Failed to reproduce DKD result with ResNet32x4 / ResNet8x4 on CIFAR100

megvii-research / mdistiller

The official implementation of [CVPR2022] Decoupled Knowledge Distillation https://arxiv.org/abs/2203.08679 and [ICCV2023] DOT: A Distillation-Oriented Trainer https://openaccess.thecvf.com/content/ICCV2023/papers/Zhao_DOT_A_Distillation-Oriented_Trainer_ICCV_2023_paper.pdf

808 stars 123 forks source link

Failed to reproduce DKD result with ResNet32x4 / ResNet8x4 on CIFAR100 #40

Closed cpsu00 closed 1 year ago

cpsu00 commented 1 year ago

Hello, I tried to use the default DKD settings (configs/cifar100/dkd/res32x4_res8x4.yaml) to reproduce the result of accuracy of 76.32 stated in the paper, however I was only able to get 75.8 - 76.19 as shown in the image below. Is there any possible reason for this? Thanks.

Zzzzz1 commented 1 year ago

See issue #7

yjq404 commented 1 year ago

@Zzzzz1 作者您好，我想将dkd加入到单阶段的yolov7中，请问在计算dkd_loss的要使用与target类别数量相对应的logit_student(学生预测类别置信度)和logit_teacher(老师预测类别置信度)，这时候用的logit是pred=model（imge）的logit还是最后经过NMS处理后的置信度，如果是前者的话置信度数量和target数量对不上，如果是后者的话又没有处理后的logit_teacher。
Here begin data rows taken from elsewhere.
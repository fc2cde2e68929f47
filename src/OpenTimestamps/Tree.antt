-- ===== src/OpenTimestamps/Tree.antt =====
-- internal/witness/opentimestamps/wire.go: the proof tree and the detached file around it.
use multi_log.Prelude.{
  ℕ, zero, suc, ◌+◌, ltb, ◌==◌, if◌then◌else◌, true, false, List, [], ◌∷◌, ◌++◌, Bytes, codes,
  bytes_equal, length, text,
}
use multi_log.Crypto.{Sha256}
use multi_log.OpenTimestamps.Reading.{Read, Reader, pass, refuse, ◌>>=◌, read_byte, read_n, varuint}
use multi_log.OpenTimestamps.{
  op_sha256, header_magic, write_varuint, Op, Digests, apply, serialize_op, deserialize_op,
  Attestation, serialize_attestation, deserialize_attestation, Timestamp, node, Edges, no_edges,
  edge,
}

abbrev pub message : Timestamp → Bytes
message (node msg atts ops) = msg

abbrev pub edge_count : Edges → ℕ
edge_count no_edges = 0
edge_count (edge o child rest) = suc (edge_count rest)

-- Before branch `i` of `total`: 0xff except before the last. `i < total-1` is on Go's int.
abbrev pub fork : ℕ → ℕ → Bytes
fork i total = if ltb (i + 1) total then 0xff ∷ [] else []

unfoldable pub serialize_attestations : ℕ → ℕ → List Attestation → Bytes
serialize_attestations total i [] = []
serialize_attestations total i (a ∷ atts) =
    fork i total ++ 0x00 ∷ (serialize_attestation a ++ serialize_attestations total (i + 1) atts)

unfoldable mutual
  pub serialize : Timestamp → Bytes
  serialize (node msg atts ops) =
      let total = length atts + edge_count ops in
      serialize_attestations total 0 atts ++ serialize_edges total (length atts) ops

  pub serialize_edges : ℕ → ℕ → Edges → Bytes
  serialize_edges total i no_edges = []
  serialize_edges total i (edge o child rest) =
      fork i total ++ (serialize_op o ++ (serialize child ++ serialize_edges total (i + 1) rest))

pub record DetachedFile : Type 0 where
  pub file_hash_op : ℕ
  pub ts : Timestamp

unfoldable pub serialize_file : DetachedFile → Bytes
unfolding serialize
serialize_file f =
    header_magic ++ (write_varuint 1 ++ f.file_hash_op ∷ (message f.ts ++ serialize f.ts))

abbrev pub add_edge : Op → Timestamp → Edges → Edges
add_edge o child no_edges = edge o child no_edges
add_edge o child (edge p c rest) = edge p c (add_edge o child rest)

abbrev pub with_attestation : Attestation → Timestamp → Timestamp
with_attestation a (node msg atts ops) = node msg (atts ++ a ∷ []) ops

abbrev pub with_edge : Op → Timestamp → Timestamp → Timestamp
with_edge o child (node msg atts ops) = node msg atts (add_edge o child ops)

module _ ⦃sha : Sha256⦄ ⦃d : Digests⦄ where
  -- The closure `one`: it adds to the node `t` the branch that `tag` begins, where `parse` is the
  -- call of `deserializeTimestamp` on a message.
  unfoldable pub one : (Bytes → Reader Timestamp) → Timestamp → ℕ → Reader Timestamp
  one parse t tag = elim (tag == 0x00) [
    | true ↦ deserialize_attestation >>= (λ a. pass (with_attestation a t))
    | false ↦ do
      o ← deserialize_op tag
      child ← parse (apply o (message t))
      pass (with_edge o child t)
  ]

  -- The body of `deserializeTimestamp` from the next tag on, with the branches read so far in `t`:
  -- the loop and the recursive call each take a round, and each reads a byte.
  unfoldable pub deserialize_rest : ℕ → Timestamp → Reader Timestamp
  deserialize_rest zero t = refuse (text (codes "out of rounds"))
  deserialize_rest (suc rounds) t = read_byte >>= (λ tag. elim (tag == 0xff) [
    | true ↦ do
      next ← read_byte
      t' ← one (λ msg. deserialize_rest rounds (node msg [] no_edges)) t next
      deserialize_rest rounds t'
    | false ↦ one (λ msg. deserialize_rest rounds (node msg [] no_edges)) t tag
  ])

  -- One round for each byte of the input, and one for its end.
  unfoldable pub deserialize_timestamp : Bytes → Reader Timestamp
  unfolding deserialize_rest
  deserialize_timestamp msg b = deserialize_rest (suc (length b)) (node msg [] no_edges) b

  -- The part of `parseDetachedFile` behind the check of the magic.
  unfoldable pub parse_versioned : Reader DetachedFile
  unfolding deserialize_timestamp
  parse_versioned = do
    version ← varuint
    file_hash_op ← read_byte
    elim (file_hash_op == op_sha256) [
      | false ↦ refuse (text (codes "opentimestamps: unsupported file hash op"))
      | true ↦ do
        digest ← read_n 32
        ts ← deserialize_timestamp digest
        pass (record { file_hash_op = file_hash_op; ts = ts })
    ]

  unfoldable pub parse_detached_file : Bytes → Read DetachedFile
  unfolding parse_versioned
  parse_detached_file = read_n (length header_magic) >>= (λ magic.
      elim (bytes_equal magic header_magic) [
        | false ↦ refuse (text (codes "opentimestamps: bad .ots header magic"))
        | true ↦ parse_versioned
      ])
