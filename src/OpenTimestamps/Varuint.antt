-- ===== src/OpenTimestamps/Varuint.antt =====
-- Reading back what `writeVaruint` and `writeVarbytes` write.
use multi_log.Prelude.{
  ℕ, zero, suc, ◌+◌, ◌*◌, ◌/◌, ◌%◌, ◌^◌, ◌≤◌, ◌<◌, ◌≡◌, refl, ◌∙◌, ap, arith, Bool-cases, inl, inr,
  [], ◌∷◌, ◌++◌, append_assoc, ltb, Bytes, IsU64, length, length-append, take, drop, le→ltb,
}
use native.Mathlib.Nat.{div-add-mod}
use native.Mathlib.Numerals.{towards_suc}
use multi_log.OpenTimestamps.Reading.{got, varuint_loop, varuint, read_n, varbytes, max_bytes}
use multi_log.OpenTimestamps.{write_varuint_loop, write_varuint, write_varbytes}

-- A shifted number, as its lowest seven bits and the others.
low_and_high : (n shift : ℕ) → n * 2 ^ shift ≡ n % 128 * 2 ^ shift + n / 128 * 2 ^ (shift + 7)
low_and_high n shift =
    let seven : 2 ^ (shift + 7) ≡ 128 * 2 ^ shift = simp towards_suc (omega arith) in
    omega
      (arith, ap (λ (m : ℕ). m * 2 ^ shift) (div-add-mod n 128), ap (λ (p : ℕ). n / 128 * p) seven)

varuint_loop-last :
    (n acc shift : ℕ) (rest : Bytes)
    → n < 128
    → n * 2 ^ shift < 2 ^ 64
    → varuint_loop acc shift (n % 256 ∷ rest) ≡ got (acc + n * 2 ^ shift) rest
unfolding varuint_loop
varuint_loop-last n acc shift rest small fits =
    let same : n % 256 % 128 ≡ n = omega arith in
    let bits = ap (λ (m : ℕ). m * 2 ^ shift) same in ground (arith, bits)

varuint_loop-more :
    (n acc shift : ℕ) (rest : Bytes)
    → n % 128 * 2 ^ shift < 2 ^ 64
    → varuint_loop acc shift ((n % 128 + 128) ∷ rest)
      ≡ varuint_loop (acc + n % 128 * 2 ^ shift) (shift + 7) rest
unfolding varuint_loop
varuint_loop-more n acc shift rest fits =
    let same : (n % 128 + 128) % 128 ≡ n % 128 = omega arith in
    let bits = ap (λ (m : ℕ). m * 2 ^ shift) same in ground (arith, bits)

varuint_loop-write :
    (rounds n acc shift : ℕ) (rest : Bytes)
    → n < 128 ^ suc rounds
    → n * 2 ^ shift < 2 ^ 64
    → varuint_loop acc shift (write_varuint_loop rounds n ++ rest) ≡ got (acc + n * 2 ^ shift) rest
unfolding write_varuint_loop
varuint_loop-write zero n acc shift rest small fits = varuint_loop-last n acc shift rest small fits
varuint_loop-write (suc rounds) n acc shift rest small fits = elim (Bool-cases (ltb n 0x80)) [
  | inl one ↦ rw one (varuint_loop-last n acc shift rest (ground arith) fits)
  | inr more ↦
      let parts = low_and_high n shift in
      rw more (
        varuint_loop-more n acc shift (write_varuint_loop rounds (n / 128) ++ rest) (omega arith)
        ∙ varuint_loop-write rounds (n / 128) (acc + n % 128 * 2 ^ shift) (shift + 7) rest
            (omega arith) (omega arith)
        ∙ ap (λ (m : ℕ). got m rest) (omega arith))
]

-- Reading what `writeVaruint` writes gives the number back, for every uint64, and leaves what follows.
pub varuint-write_varuint :
    (n : ℕ) (rest : Bytes) → IsU64 n → varuint (write_varuint n ++ rest) ≡ got n rest
unfolding varuint write_varuint
varuint-write_varuint n rest fits =
    varuint_loop-write 9 n 0 0 rest (omega arith) (omega arith)
    ∙ ap (λ (m : ℕ). got m rest) (omega arith)

take-length : (b rest : Bytes) → take (length b) (b ++ rest) ≡ b
take-length [] rest = refl
take-length (x ∷ b) rest = ap (λ xs. x ∷ xs) (take-length b rest)

drop-length : (b rest : Bytes) → drop (length b) (b ++ rest) ≡ rest
drop-length [] rest = refl
drop-length (x ∷ b) rest = drop-length b rest

pub read_n-append :
    (b rest : Bytes) → length b ≤ max_bytes → read_n (length b) (b ++ rest) ≡ got b rest
unfolding read_n
read_n-append b rest small =
    rw
      (
        le→ltb max_bytes (length b) small,
        le→ltb (length (b ++ rest)) (length b) (omega (arith, length-append b rest)),
        take-length b rest,
        drop-length b rest,
      )
      refl

-- Reading what `writeVarbytes` writes gives the bytes back, where `make` allows as many, and leaves
-- what follows.
pub varbytes-write_varbytes :
    (b rest : Bytes) → length b ≤ max_bytes → varbytes (write_varbytes b ++ rest) ≡ got b rest
unfolding varbytes write_varbytes
varbytes-write_varbytes b rest small =
    let same : length b % 2 ^ 64 ≡ length b = omega arith in
    rw
      (
        same,
        append_assoc (write_varuint (length b)) b rest,
        varuint-write_varuint (length b) (b ++ rest) (omega arith),
      )
      (read_n-append b rest small)
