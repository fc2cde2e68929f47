-- ===== src/OpenTimestamps/Branches.antt =====
-- Reading back operations and attestations.
use multi_log.Prelude.{
  ◌≤◌, ◌≡◌, refl, sym, ◌∙◌, ap, arith, true, false, ◌⊎◌, inl, inr, [], ◌∷◌, ◌++◌, append-nil,
  append_assoc, if◌then◌else◌, Bytes, IsU64, length,
}
use mathlib.Core.Path.{subst}
use multi_log.OpenTimestamps.Reading.{got, varuint, varbytes, read_n, max_bytes}
use multi_log.OpenTimestamps.{
  write_varuint, write_varbytes, Op, has_arg, is_digest, serialize_op, deserialize_op, Attestation,
  is_pending, is_bitcoin, attestation_body, serialize_attestation, deserialize_body,
  deserialize_attestation,
}
use multi_log.OpenTimestamps.Varuint.{varuint-write_varuint, read_n-append, varbytes-write_varbytes}

-- The operations that the format has: append and prepend with an argument, the digests without.
abbrev pub IsOp : Op → Type 0
IsOp o =
    ((has_arg o.tag ≡ true) × (length o.arg ≤ max_bytes))
    ⊎ ((has_arg o.tag ≡ false) × (is_digest o.tag ≡ true) × (o.arg ≡ []))

-- What `serialize` writes behind the tag.
abbrev pub arg_bytes : Op → Bytes
arg_bytes o = if has_arg o.tag then write_varbytes o.arg else []

-- Reading an operation behind its tag gives it back.
pub deserialize_op-serialize_op :
    (o : Op) (rest : Bytes)
    → IsOp o
    → (serialize_op o ≡ o.tag ∷ arg_bytes o)
      × (deserialize_op o.tag (arg_bytes o ++ rest) ≡ got o rest)
unfolding serialize_op deserialize_op
deserialize_op-serialize_op o rest (inl (with_arg, small)) =
    (refl, rw (with_arg, deserialize_op, varbytes-write_varbytes o.arg rest small) refl)
deserialize_op-serialize_op o rest (inr (without, digest, none)) =
    (refl, rw (without, deserialize_op, digest) (let same = sym none in cc))

-- The attestations that reading can return: a pending one has an address alone, one of Bitcoin a
-- height alone, any other its raw body alone.
abbrev pub HasShape : Attestation → Type 0
HasShape a =
    ((is_pending a ≡ true) × (length a.uri ≤ max_bytes) × (a.height ≡ 0) × (a.raw ≡ []))
    ⊎ ((is_pending a ≡ false)
        × (is_bitcoin a ≡ true)
        × IsU64 a.height
        × (a.uri ≡ [])
        × (a.raw ≡ []))
    ⊎ ((is_pending a ≡ false) × (is_bitcoin a ≡ false) × (a.height ≡ 0) × (a.uri ≡ []))

abbrev pub IsAttestation : Attestation → Type 0
IsAttestation a = (length a.tag ≡ 8) × (length (attestation_body a) ≤ max_bytes) × HasShape a

-- What the body is, and that reading it gives the attestation back.
abbrev ReadsBody : Attestation → Bytes → Bytes → Type 0
ReadsBody a body rest =
    (attestation_body a ≡ body) × (deserialize_body a.tag body rest ≡ got a rest)

body_pending :
    (a : Attestation) (rest : Bytes)
    → is_pending a ≡ true
    → length a.uri ≤ max_bytes
    → a.height ≡ 0
    → a.raw ≡ []
    → ReadsBody a (write_varbytes a.uri) rest
unfolding deserialize_body attestation_body is_pending is_bitcoin
body_pending a rest pending small no_height no_raw =
    let read =
      ap varbytes (sym (append-nil (write_varbytes a.uri)))
      ∙ varbytes-write_varbytes a.uri [] small in
    (
      rw pending refl,
      rw (pending, deserialize_body, read) (let h = sym no_height in let r = sym no_raw in cc),
    )

body_bitcoin :
    (a : Attestation) (rest : Bytes)
    → is_pending a ≡ false
    → is_bitcoin a ≡ true
    → IsU64 a.height
    → a.uri ≡ []
    → a.raw ≡ []
    → ReadsBody a (write_varuint a.height) rest
unfolding deserialize_body attestation_body is_pending is_bitcoin
body_bitcoin a rest other bitcoin fits no_uri no_raw =
    let read =
      ap varuint (sym (append-nil (write_varuint a.height)))
      ∙ varuint-write_varuint a.height [] fits in
    (
      rw (other, bitcoin) refl,
      rw (other, bitcoin, deserialize_body, read) (let h = sym no_uri in let r = sym no_raw in cc),
    )

body_unknown :
    (a : Attestation) (rest : Bytes)
    → is_pending a ≡ false
    → is_bitcoin a ≡ false
    → a.height ≡ 0
    → a.uri ≡ []
    → ReadsBody a a.raw rest
unfolding deserialize_body attestation_body is_pending is_bitcoin
body_unknown a rest other unknown no_height no_uri = (
  rw (other, unknown) refl,
  rw (other, unknown, deserialize_body) (let h = sym no_height in let r = sym no_uri in cc),
)

deserialize_body-attestation_body :
    (a : Attestation) (rest : Bytes)
    → HasShape a
    → deserialize_body a.tag (attestation_body a) rest ≡ got a rest
deserialize_body-attestation_body a rest (inl (pending, small, no_height, no_raw)) =
    let (body, read) = body_pending a rest pending small no_height no_raw in rw body read
deserialize_body-attestation_body a rest (inr (inl (other, bitcoin, fits, no_uri, no_raw))) =
    let (body, read) = body_bitcoin a rest other bitcoin fits no_uri no_raw in rw body read
deserialize_body-attestation_body a rest (inr (inr (other, unknown, no_height, no_uri))) =
    let (body, read) = body_unknown a rest other unknown no_height no_uri in rw body read

-- Reading a written attestation gives it back, and leaves what follows.
pub deserialize_attestation-serialize_attestation :
    (a : Attestation) (rest : Bytes)
    → IsAttestation a
    → deserialize_attestation (serialize_attestation a ++ rest) ≡ got a rest
unfolding deserialize_attestation serialize_attestation
deserialize_attestation-serialize_attestation a rest (eight, small, shape) =
    let more : Bytes = write_varbytes (attestation_body a) ++ rest in
    let tag_read : read_n 8 (a.tag ++ more) ≡ got a.tag more =
      subst (λ n. read_n n (a.tag ++ more) ≡ got a.tag more) eight
        (read_n-append a.tag more (omega (arith, eight))) in
    rw
      (
        append_assoc a.tag (write_varbytes (attestation_body a)) rest,
        tag_read,
        varbytes-write_varbytes (attestation_body a) rest small,
      )
      (deserialize_body-attestation_body a rest shape)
希望您能指点一下，另外您觉得这样放在v7中是否有意义？祝大佬学业顺利

Zzzzz1 commented 1 year ago

@Zzzzz1 作者您好，我想将dkd加入到单阶段的yolov7中，请问在计算dkd_loss的要使用与target类别数量相对应的logit_student(学生预测类别置信度)和logit_teacher(老师预测类别置信度)，这时候用的logit是pred=model（imge）的logit还是最后经过NMS处理后的置信度，如果是前者的话置信度数量和target数量对不上，如果是后者的话又没有处理后的logit_teacher。希望您能指点一下，另外您觉得这样放在v7中是否有意义？祝大佬学业顺利

在detection蒸馏中dkd也是被验证有效的，可以在yolov7中使用。在DKD的论文中，我们采用的是NMS前的proposal进行蒸馏。对于YOLO类的单阶段检测器也可以这么用，使用nms前的teacher logits来蒸馏nms前的student logits。

yjq404 commented 1 year ago

@Zzzzz1 感谢您的回复，如果是使用nms前的logits的话，区分目标类和非目标类时，yolo中预测的置信度组数远远大于target中类别数，学艺不精，您有什么好的建议吗？

Zzzzz1 commented 1 year ago

没有太理解这个置信度组数是什么意思？